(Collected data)
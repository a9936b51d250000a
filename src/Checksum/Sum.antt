-- ===== src/Checksum/Sum.antt =====
-- What `checksum_` computes: the sum of the words, modulo 65535.
use file_share_server.Common.{
  drop_next, ◌^◌, ℕ, zero, suc, ◌+◌, ◌-◌, ◌*◌, ◌%◌, ◌≤◌, ◌<◌, ◌≡◌, refl, ◌∙◌, ap, ◌==◌, ltb,
  if◌then◌else◌, true, false, List, [], ◌∷◌, get_or, length, done, ◌>>=◌, arith, All, drop,
  Bool-cases, inl, inr,
}
use native.Mathlib.Numerals.{add-one, add-two}
use native.Mathlib.Nat.{zero-add}
use file_share_server.Checksum.{buff, word16, sum_loop, fold_carry, checksum}

abbrev pub IsBytes : List ℕ → Type 0
IsBytes = All (λ b. b < 256)

-- The sum of the big-endian words, a last odd byte being the high half of one.
unfoldable pub word_sum : List ℕ → ℕ
word_sum [] = 0
word_sum (a ∷ []) = a * 256
word_sum (a ∷ b ∷ rest) = a * 256 + b + word_sum rest

-- The one's complement of a sum: 0 where the sum is a positive multiple of 65535.
unfoldable pub complement : ℕ → ℕ
complement sum = if sum == 0 then 65535 else 65535 - ((sum - 1) % 65535 + 1)

pub word_sum-le : (bytes : List ℕ) → IsBytes bytes → word_sum bytes ≤ length bytes * 65535
unfolding word_sum
word_sum-le [] h = omega arith
word_sum-le (a ∷ []) h = omega arith
word_sum-le (a ∷ b ∷ rest) h = omega (arith, word_sum-le rest h.1.1)

fold_carry-complement :
    (sum : ℕ)
    → sum < 2 ^ 32
    → (fold_carry 4 sum >>= λ folded. done ((65535 - folded) % 65536)) ≡ done (complement sum)
unfolding fold_carry complement
fold_carry-complement sum h = ground arith

get_or_at : (xs : List ℕ) (i a : ℕ) (rest : List ℕ) → drop i xs ≡ a ∷ rest → get_or xs i 0 ≡ a
get_or_at [] zero a rest e = cc
get_or_at [] (suc i) a rest e = cc
get_or_at (x ∷ xs) zero a rest e = cc
get_or_at (x ∷ xs) (suc i) a rest e = get_or_at xs i a rest e

module _ (temp : List ℕ) (bound : ℕ) (low : length temp ≤ bound)
    (high : bound ≤ length temp + 1) where
  abbrev byte : ℕ → ℕ
  byte i = buff (length temp) temp i

  at_rest :
      (i a : ℕ) (rest : List ℕ)
      → drop i temp ≡ a ∷ rest
      → i + suc (length rest) ≡ length temp
      → byte i ≡ a
  at_rest i a rest e n =
      let inside : ltb i (length temp) ≡ true = ground arith in
      rw inside (get_or_at temp i a rest e)

  at_end : (i : ℕ) → length temp ≤ i → byte i ≡ 0
  at_end i h = let outside : ltb i (length temp) ≡ false = ground arith in rw outside

  sum_loop-word_sum :
      (fuel i sum : ℕ) (rest : List ℕ)
      → drop i temp ≡ rest
      → IsBytes rest
      → i + length rest ≡ length temp
      → length rest + 2 ≤ fuel
      → sum_loop (length temp) bound temp fuel i sum ≡ done (sum + word_sum rest)
  unfolding sum_loop word_sum
  sum_loop-word_sum zero i sum rest e b n f = absurd (omega arith)
  sum_loop-word_sum (suc zero) i sum rest e b n f = absurd (omega arith)
  sum_loop-word_sum (suc (suc fuel)) i sum [] e b n f =
      let zeros : word16 (byte i) (byte (i + 1)) ≡ 0 =
        rw (at_end i (omega arith), at_end (i + 1) (omega arith)) in
      let stop : ltb (i + 2) bound ≡ false = ground arith in
      elim (Bool-cases (ltb i bound)) [
        | inl more ↦ rw (more, sum_loop) (rw (stop, sum_loop) (ap done (omega (arith, zeros))))
        | inr over ↦ rw (over, sum_loop) (ap done (omega arith))
      ]
  sum_loop-word_sum (suc (suc fuel)) i sum (x ∷ []) e b n f =
      let more : ltb i bound ≡ true = ground arith in
      let stop : ltb (i + 2) bound ≡ false = ground arith in
      rw (more, sum_loop)
        (rw (stop, sum_loop)
          (rw (at_rest i x [] e n, at_end (i + 1) (omega arith)) (ap done (omega arith))))
  sum_loop-word_sum (suc (suc fuel)) i sum (x ∷ y ∷ rest) e b n f =
      let more : ltb i bound ≡ true = ground arith in
      let e' : drop (i + 1) temp ≡ y ∷ rest = rw add-one (drop_next temp i x (y ∷ rest) e) in
      let e'' : drop (i + 2) temp ≡ rest =
        rw add-two (drop_next temp (suc i) y rest (rw add-one at e')) in
      let words : word16 (byte i) (byte (i + 1)) ≡ x * 256 + y =
        rw (at_rest i x (y ∷ rest) e n, at_rest (i + 1) y rest e' (omega arith)) (omega arith) in
      rw (more, sum_loop)
        (sum_loop-word_sum (suc fuel) (i + 2) (sum + word16 (byte i) (byte (i + 1))) rest e'' b.1.1
            (omega arith) (omega arith)
          ∙ ap done (omega (arith, words)))

-- For a packet of at most 65535 bytes `checksum_` returns the complement of the sum of the words,
-- whatever the padding.
pub checksum-complement :
    (bytes : List ℕ) (padding : ℕ)
    → IsBytes bytes
    → length bytes ≤ 65535
    → checksum (length bytes) padding bytes ≡ done (complement (word_sum bytes))
unfolding checksum
checksum-complement bytes padding b h =
    let fits : ltb (length bytes) (length bytes) ≡ false = ground arith in
    let padd : ℕ = if padding % 2 == 1 then 1 else 0 in
    rw fits (
      rw
        (sum_loop-word_sum bytes (length bytes + padd) (ground arith) (ground arith)
          (length bytes + 2) 0 0 bytes refl b (omega arith) (omega arith))
        (rw zero-add (fold_carry-complement (word_sum bytes) (omega (arith, word_sum-le bytes b)))))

Work request:
All entries given above should be transcribed exactly, with none omitted.

Answer to this exercise:
repository a9936b51d250000a
filename src/Checksum/Sum.antt
-- ===== src/Checksum/Sum.antt =====
-- What `checksum_` computes: the sum of the words, modulo 65535.
use file_share_server.Common.{
  drop_next, ◌^◌, ℕ, zero, suc, ◌+◌, ◌-◌, ◌*◌, ◌%◌, ◌≤◌, ◌<◌, ◌≡◌, refl, ◌∙◌, ap, ◌==◌, ltb,
  if◌then◌else◌, true, false, List, [], ◌∷◌, get_or, length, done, ◌>>=◌, arith, All, drop,
  Bool-cases, inl, inr,
}
use native.Mathlib.Numerals.{add-one, add-two}
use native.Mathlib.Nat.{zero-add}
use file_share_server.Checksum.{buff, word16, sum_loop, fold_carry, checksum}

abbrev pub IsBytes : List ℕ → Type 0
IsBytes = All (λ b. b < 256)

-- The sum of the big-endian words, a last odd byte being the high half of one.
unfoldable pub word_sum : List ℕ → ℕ
word_sum [] = 0
word_sum (a ∷ []) = a * 256
word_sum (a ∷ b ∷ rest) = a * 256 + b + word_sum rest

-- The one's complement of a sum: 0 where the sum is a positive multiple of 65535.
unfoldable pub complement : ℕ → ℕ
complement sum = if sum == 0 then 65535 else 65535 - ((sum - 1) % 65535 + 1)

pub word_sum-le : (bytes : List ℕ) → IsBytes bytes → word_sum bytes ≤ length bytes * 65535
unfolding word_sum
word_sum-le [] h = omega arith
word_sum-le (a ∷ []) h = omega arith
word_sum-le (a ∷ b ∷ rest) h = omega (arith, word_sum-le rest h.1.1)

fold_carry-complement :
    (sum : ℕ)
    → sum < 2 ^ 32
    → (fold_carry 4 sum >>= λ folded. done ((65535 - folded) % 65536)) ≡ done (complement sum)
unfolding fold_carry complement
fold_carry-complement sum h = ground arith

get_or_at : (xs : List ℕ) (i a : ℕ) (rest : List ℕ) → drop i xs ≡ a ∷ rest → get_or xs i 0 ≡ a
get_or_at [] zero a rest e = cc
get_or_at [] (suc i) a rest e = cc
get_or_at (x ∷ xs) zero a rest e = cc
get_or_at (x ∷ xs) (suc i) a rest e = get_or_at xs i a rest e

module _ (temp : List ℕ) (bound : ℕ) (low : length temp ≤ bound)
    (high : bound ≤ length temp + 1) where
  abbrev byte : ℕ → ℕ
  byte i = buff (length temp) temp i

  at_rest :
      (i a : ℕ) (rest : List ℕ)
      → drop i temp ≡ a ∷ rest
      → i + suc (length rest) ≡ length temp
      → byte i ≡ a
  at_rest i a rest e n =
      let inside : ltb i (length temp) ≡ true = ground arith in
      rw inside (get_or_at temp i a rest e)

  at_end : (i : ℕ) → length temp ≤ i → byte i ≡ 0
  at_end i h = let outside : ltb i (length temp) ≡ false = ground arith in rw outside

  sum_loop-word_sum :
      (fuel i sum : ℕ) (rest : List ℕ)
      → drop i temp ≡ rest
      → IsBytes rest
      → i + length rest ≡ length temp
      → length rest + 2 ≤ fuel
      → sum_loop (length temp) bound temp fuel i sum ≡ done (sum + word_sum rest)
  unfolding sum_loop word_sum
  sum_loop-word_sum zero i sum rest e b n f = absurd (omega arith)
  sum_loop-word_sum (suc zero) i sum rest e b n f = absurd (omega arith)
  sum_loop-word_sum (suc (suc fuel)) i sum [] e b n f =
      let zeros : word16 (byte i) (byte (i + 1)) ≡ 0 =
        rw (at_end i (omega arith), at_end (i + 1) (omega arith)) in
      let stop : ltb (i + 2) bound ≡ false = ground arith in
      elim (Bool-cases (ltb i bound)) [
        | inl more ↦ rw (more, sum_loop) (rw (stop, sum_loop) (ap done (omega (arith, zeros))))
        | inr over ↦ rw (over, sum_loop) (ap done (omega arith))
      ]
  sum_loop-word_sum (suc (suc fuel)) i sum (x ∷ []) e b n f =
      let more : ltb i bound ≡ true = ground arith in
      let stop : ltb (i + 2) bound ≡ false = ground arith in
      rw (more, sum_loop)
        (rw (stop, sum_loop)
          (rw (at_rest i x [] e n, at_end (i + 1) (omega arith)) (ap done (omega arith))))
  sum_loop-word_sum (suc (suc fuel)) i sum (x ∷ y ∷ rest) e b n f =
      let more : ltb i bound ≡ true = ground arith in
      let e' : drop (i + 1) temp ≡ y ∷ rest = rw add-one (drop_next temp i x (y ∷ rest) e) in
      let e'' : drop (i + 2) temp ≡ rest =
        rw add-two (drop_next temp (suc i) y rest (rw add-one at e')) in
      let words : word16 (byte i) (byte (i + 1)) ≡ x * 256 + y =
        rw (at_rest i x (y ∷ rest) e n, at_rest (i + 1) y rest e' (omega arith)) (omega arith) in
      rw (more, sum_loop)
        (sum_loop-word_sum (suc fuel) (i + 2) (sum + word16 (byte i) (byte (i + 1))) rest e'' b.1.1
            (omega arith) (omega arith)
          ∙ ap done (omega (arith, words)))

-- For a packet of at most 65535 bytes `checksum_` returns the complement of the sum of the words,
-- whatever the padding.
pub checksum-complement :
    (bytes : List ℕ) (padding : ℕ)
    → IsBytes bytes
    → length bytes ≤ 65535
    → checksum (length bytes) padding bytes ≡ done (complement (word_sum bytes))
unfolding checksum
checksum-complement bytes padding b h =
    let fits : ltb (length bytes) (length bytes) ≡ false = ground arith in
    let padd : ℕ = if padding % 2 == 1 then 1 else 0 in
    rw fits (
      rw
        (sum_loop-word_sum bytes (length bytes + padd) (ground arith) (ground arith)
          (length bytes + 2) 0 0 bytes refl b (omega arith) (omega arith))
        (rw zero-add (fold_carry-complement (word_sum bytes) (omega (arith, word_sum-le bytes b)))))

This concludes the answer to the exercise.